▶ _WHAT IS BEING ASKED_
Only the lines from the one containing "-- classes around" to the end of the material belong in your answer. Please copy them word for word.

--------

-- ===== src/Lib.antt =====
-- kv8-metrics: telemetry over Kafka. A producer process writes samples, trace-log records and a registry
-- of its counters through the runtime library (libs/kv8log); a consumer (libs/libkv8) finds the
-- sessions in the registry and decodes the rest; the oscilloscope (kv8scope) and the map bridge
-- (kv8zoom) hand the decoded data from the consumer's thread to the one that draws, through
-- single-producer single-consumer rings.
--
-- The parts, and the code that each is about:
--   Prelude   names, lists, bytes, bits, decimal numbers and maps that the parts share
--   Ring      Ring.Queue is the bounded queue both rings promise; Ring.Fixed is
--             kv8zoom/SpscFixedRing.h, with push and pop also as single accesses of two threads in
--             Ring.Fixed.Threads; Ring.Dynamic is kv8scope/SpscDynamicRing.h
--   Wire      the packed structs and codecs of libs/libkv8/include/kv8/Kv8Types.h
--   Kv8log    libs/kv8log/lib/kv8log_impl.cpp: Text and Ctl are its texts, Session is kv8log_open and
--             kv8log_close, Register the registrations, Emit the samples and log records, Control
--             the switching of counters; Laws holds the properties
--   Udt       libs/libkv8/src/UdtSchemaParser.{h,cpp}: Json is its struct Parser, Schema is
--             ParseUdtSchema, Decode is UdtDecodeField; Build is the schema text that
--             libs/kv8log/include/kv8log/KV8_UDT.h writes
--   Registry  DiscoverSessions of libs/libkv8/src/Kv8Consumer.cpp: the scan of the records
--             (ParseRegistryRecord), Resolve the fixed point over the schemas, and Virtual the
--             counters made up for the fields of a feed
--   Scope     kv8scope/SessionManager.{h,cpp}: Liveness is ProbeSessionLiveness, Sessions the poll cycle
--             of the worker, the sequence of its cycles and the calls of the main thread
--   Zoom      the map bridge. kv8zoom/DecimationController.{h,cpp}: Decimation is the class, Spacing and
--             Rates are the times at which it lets frames through. kv8zoom/PathSimplifier.{h,cpp}: Trail
--             is the class, Farthest, Simplified and Thinned are about it. Frames is
--             kv8zoom/FrameAssembler.{h,cpp} and kv8zoom/Frames.h. kv8zoom/KafkaReader.{h,cpp}: Payloads and
--             Reader are its callback and its subscriptions, Delivered and Subscribed are about them.
--             kv8zoom/ZoomBridge.{h,cpp}: Bridge is its state and its drains, Catalog the sessions, Timer
--             OnTimer, Clients the callbacks; Silence, Playback, Sparse, Seeking, Choosing and Switching
--             are about these
--   LogStore  kv8scope/LogStore.cpp
--   Receive   kv8scope/ConsumerThread.{h,cpp}: Setup is the constructor with TimeConverter, Messages the
--             callback on a message, CtlText the control messages, Stats is StatsEngine
-- The parts meet in the bytes: Kv8log writes what Wire lays out, and Registry and LogStore read it;
-- Scope goes by the sessions that the scan finds, and Receive sets up by their metas what its
-- messages are stored in.
--
-- Memory is a list of bytes, a machine integer a natural number with its wrap-around written out,
-- and a double its bit pattern. A session is a record, and the calls that it makes on its producer
-- are a list in it. Option's none stands for an access out of bounds in the functions of Kv8log,
-- and for a result of false or 0 in the decoders. Loops are structural recursion over what they go
-- through, except in three places that take fuel. The loops of ParseUdtSchema have one more than
-- the length of the text: each round reads a byte, or more. The passes over the schemas have one
-- more than there are schemas: each pass but the last resolves one. The recursion of Douglas and
-- Peucker has as many as there are points: the two indices come closer with each call. The locks of
-- a session are left out: each function is one step.
--
-- Arguments of the model, since they are not code of the repository or are floating-point arithmetic:
-- the clocks, what a consumer answers in a poll cycle, the topic handles of IKv8Producer::CreateTopic,
-- std::sort (a sort that need not be stable), the ISO form of a time, strtod and the conversions to
-- double of the schema parser, what snprintf makes of a number, what Receive does with doubles, in the map
-- bridge the order of doubles, the distances, the attitude filter, the JSON of a message and what the
-- reader of Kafka answers.
-- Not modelled: librdkafka and the threads around it, drawing code, sockets, files and JSON, the C++
-- classes around the runtime, the command-line tools, and floating-point arithmetic. The two threads
-- of a ring see each other's accesses in one order, which is stronger than the acquire and release
-- pairs of the code.
pub mod Prelude
pub mod Ring
pub mod Wire
pub mod Kv8log
pub mod Udt
pub mod Registry
pub mod Scope
pub mod Zoom
pub mod LogStore
pub mod Receive
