-- ===== src/Kv8log.antt =====
-- libs/kv8log/lib/kv8log_impl.cpp: the runtime library behind the kv8log_* functions.
pub mod Text
pub mod Ctl
pub mod Session
pub mod Register
pub mod Emit
pub mod Control
pub mod Laws
mod Tests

--------

▶ _RESULT OF THE EXERCISE_
-- classes around the runtime, the command-line tools, and floating-point arithmetic. The two threads
-- of a ring see each other's accesses in one order, which is stronger than the acquire and release
-- pairs of the code.
pub mod Prelude
pub mod Ring
pub mod Wire
pub mod Kv8log
pub mod Udt
pub mod Registry
pub mod Scope
pub mod Zoom
pub mod LogStore
pub mod Receive
-- ===== src/Kv8log.antt =====
-- libs/kv8log/lib/kv8log_impl.cpp: the runtime library behind the kv8log_* functions.
pub mod Text
pub mod Ctl
pub mod Session
pub mod Register
pub mod Emit
pub mod Control
pub mod Laws
mod Tests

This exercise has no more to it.